You are asked to visualize the number of deaths per day from COVID-19 in a country, across 2020-2023. Which techniques from this chapter apply, and why?

Guidance

(1) **Rolling mean** to smooth reporting noise (weekends had low reporting, producing a weekly cycle). (2) **Annotations** for lockdowns, vaccine rollouts, variant emergence. (3) **Log scale** for the exponential growth phases. (4) **Range slider** in Plotly if the chart is interactive, so readers can zoom into specific waves. (5) **Faceting by region** if the country has sub-national variation. (6) **Forecast visualization** if the chart includes projection. Avoid dual-axis (deaths + cases), non-zero baselines for area charts, and aggressive smoothing that hides individual wave peaks.

C.3 ★★★ | Create

Build a sparkline-style chart inline with a short text summary: "Revenue ↗ $1.2M (up 15%) [sparkline]".

Guidance

Use matplotlib's `figsize=(1.5, 0.3)`, remove axes and spines, and place the chart next to text in a larger figure or an HTML document. The sparkline function from Section 25.8 is reusable: call it with your data and embed the result.

C.4 ★★★ | Evaluate

The chapter argues that time series charts often need multiple visualizations at different scales. When is this overkill? Can you think of scenarios where one chart is enough?

Guidance

One chart is enough when: (1) the audience has a single specific question ("how did sales do this quarter?"), (2) the time span is short (days or weeks, not years), (3) there is no seasonality to disentangle, (4) there are no anomalies worth highlighting.
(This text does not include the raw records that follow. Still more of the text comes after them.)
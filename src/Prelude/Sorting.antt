-- ===== src/Prelude/Sorting.antt =====
-- Python's `range` and `sorted` on numbers. Sorting distinct numbers of a range is the same as
-- running through the range and keeping those that are there.
use Prim.Native.Nat.{ℕ, zero, suc, ◌+◌, ◌≤◌, ◌<◌}
use mathlib.Core.Path.{◌≡◌, refl, sym}
use mathlib.Core.Bool.{Bool, true, false, ◌&&◌, ◌||◌}
use mathlib.Core.List.{List, [], ◌∷◌, ◌++◌}
use mathlib.Core.Logic.{inl, inr}
use native.Mathlib.Omega.{arith}
use atlas_pay.Prelude.Equality.{mem, nat_eq}
use atlas_pay.Prelude.Lists.{keep, all}
use atlas_pay.Prelude.Tests.{leb, nat_beq, nat_beq_iff, if◌then◌else◌, Bool-cases}

-- `range(a, a + n)`
abbrev pub range_from : ℕ → ℕ → List ℕ
range_from a zero = []
range_from a (suc n) = a ∷ range_from (suc a) n

unfoldable pub insert_sorted : ℕ → List ℕ → List ℕ
insert_sorted k [] = k ∷ []
insert_sorted k (x ∷ xs) = if leb k x then k ∷ x ∷ xs else x ∷ insert_sorted k xs

-- `sorted(xs)`
unfoldable pub sorted : List ℕ → List ℕ
unfolding insert_sorted
sorted [] = []
sorted (x ∷ xs) = insert_sorted x (sorted xs)

abbrev pub IsDistinct : List ℕ → Type 0
IsDistinct [] = Unit
IsDistinct (x ∷ xs) = (mem x xs ≡ false) × IsDistinct xs

abbrev pub in_range : ℕ → ℕ → ℕ → Bool
in_range lo hi x = leb lo x && leb x hi

pub keep-range_append :
    (p : ℕ → Bool) (a m n : ℕ)
    → keep p (range_from a m) ++ keep p (range_from (a + m) n) ≡ keep p (range_from a (m + n))
keep-range_append p a zero n =
    let e : a + 0 ≡ a = omega arith in let e' : 0 + n ≡ n = omega arith in rw (e, e') refl
keep-range_append p a (suc m) n =
    let e : a + suc m ≡ suc a + m = omega arith in
    let e' : suc m + n ≡ suc (m + n) = omega arith in
    rw (e, e') (ground (arith, keep-range_append p (suc a) m n))

-- Two tests that agree on a range keep the same numbers of it.
pub keep-range_congr :
    (p q : ℕ → Bool) (a n : ℕ)
    → ((j : ℕ) → a ≤ j → j < a + n → p j ≡ q j)
    → keep p (range_from a n) ≡ keep q (range_from a n)
keep-range_congr p q a zero h = refl
keep-range_congr p q a (suc n) h = ground (
  arith,
  h a (omega arith) (omega arith),
  keep-range_congr p q (suc a) n (λ j u v. h j (omega arith) (omega arith)),
)

pub keep-range_none :
    (p : ℕ → Bool) (a n : ℕ) → ((j : ℕ) → a ≤ j → p j ≡ false) → keep p (range_from a n) ≡ []
keep-range_none p a zero h = refl
keep-range_none p a (suc n) h =
    ground (arith, h a (omega arith), keep-range_none p (suc a) n (λ j u. h j (omega arith)))

insert_sorted-above :
    (k : ℕ) (p : ℕ → Bool) (a n : ℕ)
    → k ≤ a
    → insert_sorted k (keep p (range_from a n)) ≡ k ∷ keep p (range_from a n)
unfolding insert_sorted
insert_sorted-above k p a zero h = refl
insert_sorted-above k p a (suc n) h = ground (arith, insert_sorted-above k p (suc a) n)

above_test : (a k j : ℕ) (b : Bool) → a ≡ k → suc a ≤ j → (nat_beq j k || b) ≡ b
above_test a k j b e h = ground arith

insert_sorted-keep :
    (k : ℕ) (p : ℕ → Bool) (a n : ℕ)
    → a ≤ k
    → k < a + n
    → p k ≡ false
    → insert_sorted k (keep p (range_from a n)) ≡ keep (λ j. nat_beq j k || p j) (range_from a n)
unfolding insert_sorted
insert_sorted-keep k p a zero h u f = absurd (omega arith)
insert_sorted-keep k p a (suc n) h u f = elim (Bool-cases (nat_beq a k)) [
  | inl e ↦ ground (
    arith,
    rw (← (nat_beq_iff a k).0 e) at f,
    insert_sorted-above k p (suc a) n (ground arith),
    keep-range_congr (λ j. nat_beq j k || p j) p (suc a) n
        (λ j v w. above_test a k j (p j) ((nat_beq_iff a k).0 e) v),
  )
  | inr e ↦ ground (arith, insert_sorted-keep k p (suc a) n)
]

pub sorted-keep :
    (ks : List ℕ) (a n : ℕ)
    → IsDistinct ks
    → all (λ k. leb a k && leb (suc k) (a + n)) ks ≡ true
    → sorted ks ≡ keep (λ j. mem j ks) (range_from a n)
unfolding sorted
sorted-keep [] a n d h = sym (keep-range_none (λ j. false) a n (λ j u. refl))
sorted-keep (k ∷ ks) a n d h =
    rw (sorted-keep ks a n d.1 (ground arith))
      (insert_sorted-keep k (λ j. mem j ks) a n (ground arith) (ground arith) d.0)
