-- ===== src/Prelude/Bits.antt =====
-- Single bits of Python's integers, and their big-endian bytes.
use native.Mathlib.Nat.{pow-suc}
use Prim.Native.Nat.{
  ℕ, zero, suc, ◌+◌, ◌*◌, ◌/◌, ◌%◌, ◌^◌, ◌≤◌, ◌<◌, min, max, bit_and, bit_or, digits,
  bit_and-bitwise, bit_or-bitwise,
}
use mathlib.Core.Path.{◌≡◌, refl, ap}
use mathlib.Core.Bool.{Bool, false, not, ◌||◌}
use mathlib.Core.List.{List, [], ◌∷◌, ◌++◌}
use native.Mathlib.Omega.{arith}
use atlas_pay.Prelude.Lists.{length, length-append}
use atlas_pay.Prelude.Tests.{nat_beq}

-- `x | 1 << k`
unfoldable pub set_bit : ℕ → ℕ → ℕ
set_bit x k = bit_or x (2 ^ k)

-- `bool(x & 1 << k)`
unfoldable pub test_bit : ℕ → ℕ → Bool
test_bit x k = not (nat_beq (bit_and x (2 ^ k)) 0)

-- The digit-wise operation that a native one stands for, at its lowest digit. Its fuel counts
-- down from the first operand, and any bound of that operand does.
module _ (rest : ℕ → ℕ) (join : ℕ → ℕ → ℕ) where
  enough : (b a f g : ℕ) → a ≤ f → a ≤ g → digits rest join f a b ≡ digits rest join g a b
  enough b zero zero zero l r = refl
  enough b zero zero (suc g) l r = refl
  enough b zero (suc f) zero l r = refl
  enough b zero (suc f) (suc g) l r = refl
  enough b (suc a) zero g l r = absurd (omega arith)
  enough b (suc a) (suc f) zero l r = absurd (omega arith)
  enough b (suc a) (suc f) (suc g) l r =
      let below = enough (b / 2) (suc a / 2) f g (omega arith) (omega arith) in
      ap (λ (x : ℕ). x * 2 + join (suc a % 2) (b % 2)) below

bit_and_step : (x y : ℕ) → bit_and x y ≡ bit_and (x / 2) (y / 2) * 2 + min (x % 2) (y % 2)
bit_and_step zero y = omega (arith, bit_and-bitwise 0 y, bit_and-bitwise 0 (y / 2))
bit_and_step (suc n) y =
    let h = suc n / 2 in
    let lower = enough (λ d. zero) min (y / 2) h n h (omega arith) (omega arith) in
    omega (arith, lower, bit_and-bitwise h (y / 2), bit_and-bitwise (suc n) y)

bit_or_step : (x y : ℕ) → bit_or x y ≡ bit_or (x / 2) (y / 2) * 2 + max (x % 2) (y % 2)
bit_or_step zero y = omega (arith, bit_or-bitwise 0 y, bit_or-bitwise 0 (y / 2))
bit_or_step (suc n) y =
    let h = suc n / 2 in
    let lower = enough (λ d. d) max (y / 2) h n h (omega arith) (omega arith) in
    omega (arith, lower, bit_or-bitwise h (y / 2), bit_or-bitwise (suc n) y)

-- A second operand without digits.
no_digits : (bound x : ℕ) → x ≤ bound → (bit_and x 0 ≡ 0) × (bit_or x 0 ≡ x)
no_digits bound zero l = (refl, refl)
no_digits zero (suc n) l = absurd (omega arith)
no_digits (suc bound) (suc n) l =
    let lower = no_digits bound (suc n / 2) (omega arith) in
    (omega (arith, lower.0, bit_and_step (suc n) 0), omega (arith, lower.1, bit_or_step (suc n) 0))

pub test_bit-of_zero : (k : ℕ) → test_bit 0 k ≡ false
unfolding test_bit
test_bit-of_zero k = rw (bit_and-bitwise 0 (2 ^ k)) refl

test_bit-zero : (x : ℕ) → test_bit x 0 ≡ nat_beq (x % 2) 1
unfolding test_bit
test_bit-zero x = ground (arith, bit_and_step x 1, (no_digits (x / 2) (x / 2) (omega arith)).0)

test_bit-suc : (x k : ℕ) → test_bit x (suc k) ≡ test_bit (x / 2) k
unfolding test_bit
test_bit-suc x k =
    let half : 2 ^ suc k / 2 ≡ 2 ^ k = omega (arith, pow-suc 2 k) in
    let even : 2 ^ suc k % 2 ≡ 0 = omega (arith, pow-suc 2 k) in
    let e : bit_and x (2 ^ suc k) ≡ bit_and (x / 2) (2 ^ k) * 2 =
      rw (bit_and_step x (2 ^ suc k), half, even) (omega arith) in
    rw e (ground arith)

set_bit-zero_half : (x : ℕ) → set_bit x 0 / 2 ≡ x / 2
unfolding set_bit
set_bit-zero_half x = omega (arith, bit_or_step x 1, (no_digits (x / 2) (x / 2) (omega arith)).1)

set_bit-zero_mod : (x : ℕ) → set_bit x 0 % 2 ≡ 1
unfolding set_bit
set_bit-zero_mod x = omega (arith, bit_or_step x 1)

set_bit-suc : (x k : ℕ) → set_bit x (suc k) ≡ set_bit (x / 2) k * 2 + x % 2
unfolding set_bit
set_bit-suc x k =
    let half : 2 ^ suc k / 2 ≡ 2 ^ k = omega (arith, pow-suc 2 k) in
    let even : 2 ^ suc k % 2 ≡ 0 = omega (arith, pow-suc 2 k) in
    rw (bit_or_step x (2 ^ suc k), half, even) (omega arith)

-- Setting a bit sets it and no other.
pub test_bit-set_bit : (x k j : ℕ) → test_bit (set_bit x k) j ≡ (nat_beq j k || test_bit x j)
test_bit-set_bit x zero zero = rw (test_bit-zero, set_bit-zero_mod) refl
test_bit-set_bit x zero (suc j) = ground (
  arith,
  test_bit-suc (set_bit x 0) j,
  ap (λ (y : ℕ). test_bit y j) (set_bit-zero_half x),
  test_bit-suc x j,
)
test_bit-set_bit x (suc k) zero = rw (test_bit-zero, set_bit-suc) (ground (arith, test_bit-zero x))
test_bit-set_bit x (suc k) (suc j) =
    let half : (set_bit (x / 2) k * 2 + x % 2) / 2 ≡ set_bit (x / 2) k = omega arith in
    rw (test_bit-suc, set_bit-suc, half, test_bit-set_bit (x / 2) k j)
      (ground (arith, test_bit-suc x j))

pub set_bit-lt : (w x k : ℕ) → x < 2 ^ w → k < w → set_bit x k < 2 ^ w
set_bit-lt zero x k h p = absurd (omega arith)
set_bit-lt (suc w) x zero h p = omega (arith, pow-suc 2 w, set_bit-zero_half x, set_bit-zero_mod x)
set_bit-lt (suc w) x (suc k) h p =
    rw set_bit-suc (
      omega (arith, pow-suc 2 w, set_bit-lt w (x / 2) k (omega (arith, pow-suc 2 w)) (omega arith)))

-- `x.to_bytes(w, "big")`
unfoldable pub to_bytes : ℕ → ℕ → List ℕ
to_bytes zero x = []
to_bytes (suc w) x = to_bytes w (x / 256) ++ (x % 256) ∷ []

bytes_from : ℕ → List ℕ → ℕ
bytes_from acc [] = acc
bytes_from acc (b ∷ bs) = bytes_from (acc * 256 + b) bs

-- `int.from_bytes(bs, "big")`
unfoldable pub from_bytes : List ℕ → ℕ
unfolding bytes_from
from_bytes bs = bytes_from 0 bs

bytes_from-concat :
    (acc b : ℕ) (bs : List ℕ) → bytes_from acc (bs ++ b ∷ []) ≡ bytes_from acc bs * 256 + b
unfolding bytes_from
bytes_from-concat acc b [] = refl
bytes_from-concat acc b (c ∷ bs) = bytes_from-concat (acc * 256 + c) b bs

pub length-to_bytes : (w x : ℕ) → length (to_bytes w x) ≡ w
unfolding to_bytes
length-to_bytes zero x = refl
length-to_bytes (suc w) x =
    omega
      (arith, length-append (to_bytes w (x / 256)) ((x % 256) ∷ []), length-to_bytes w (x / 256))

pub from_bytes-to_bytes : (w x : ℕ) → x < 256 ^ w → from_bytes (to_bytes w x) ≡ x
unfolding from_bytes to_bytes
from_bytes-to_bytes zero x h = omega arith
from_bytes-to_bytes (suc w) x h = omega (
  arith,
  bytes_from-concat 0 (x % 256) (to_bytes w (x / 256)),
  from_bytes-to_bytes w (x / 256) (omega (arith, pow-suc 256 w)),
)
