-- ===== src/Iso8583/Bitmap.antt =====
-- The bitmaps of app/iso8583.py: `_encode_bitmap` and `_decode_field_numbers`.
use atlas_pay.Prelude.{
  ltb, leb, if◌then◌else◌, any, is_empty, ◌==◌, nat_eq, text_eq, Bytes, ℕ, ◌+◌, ◌-◌, Bool, not,
  ◌&&◌, List, [], ◌∷◌, ◌++◌,
}
use atlas_pay.Prelude.Bits.{set_bit, test_bit, to_bytes, from_bytes}
use atlas_pay.Prelude.Sorting.{range_from}

abbrev pub has_secondary : List ℕ → Bool
has_secondary = any (ltb 64)

-- The loop of `_encode_bitmap` over the field numbers, on the two accumulators.
unfoldable pub mark_fields : List ℕ → ℕ → ℕ → ℕ × ℕ
mark_fields [] primary secondary = (primary, secondary)
mark_fields (number ∷ rest) primary secondary =
    mark_fields rest (if leb number 64 then set_bit primary (64 - number) else primary)
      (if leb number 64 then secondary else set_bit secondary (128 - number))

abbrev pub bitmaps : List ℕ → ℕ × ℕ
bitmaps numbers = mark_fields numbers (if has_secondary numbers then set_bit 0 63 else 0) 0

-- The secondary bitmap, if there is one.
abbrev pub secondary_bytes : List ℕ → Bytes
secondary_bytes numbers = if has_secondary numbers then to_bytes 8 (bitmaps numbers).1 else []

unfoldable pub encode_bitmap : List ℕ → Bytes
unfolding mark_fields
encode_bitmap numbers = to_bytes 8 (bitmaps numbers).0 ++ secondary_bytes numbers

-- The first loop of `_decode_field_numbers`, over the bits that are left.
unfoldable pub primary_numbers : ℕ → List ℕ → List ℕ
primary_numbers primary [] = []
primary_numbers primary (bit ∷ bits) =
    let rest = primary_numbers primary bits in
    if test_bit primary (63 - bit) && not (bit + 1 == 1) then (bit + 1) ∷ rest else rest

-- The second loop, over the bits of the secondary bitmap.
unfoldable pub secondary_numbers : ℕ → List ℕ → List ℕ
secondary_numbers secondary [] = []
secondary_numbers secondary (bit ∷ bits) =
    let rest = secondary_numbers secondary bits in
    if test_bit secondary (63 - bit) then (bit + 65) ∷ rest else rest

unfoldable pub decode_field_numbers : ℕ → Bytes → List ℕ
unfolding primary_numbers secondary_numbers
decode_field_numbers primary secondary_raw =
    primary_numbers primary (range_from 0 64)
    ++ (if is_empty secondary_raw
        then []
        else secondary_numbers (from_bytes secondary_raw) (range_from 0 64))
In these cases, a single well-designed line chart does the job. The multi-panel approach is for exploratory or comprehensive analysis where the analyst wants to understand the series fully. For a simple operational dashboard, a single chart is usually better than four.

These exercises exercise the main time series visualization techniques. Chapter 26 introduces text and NLP visualization.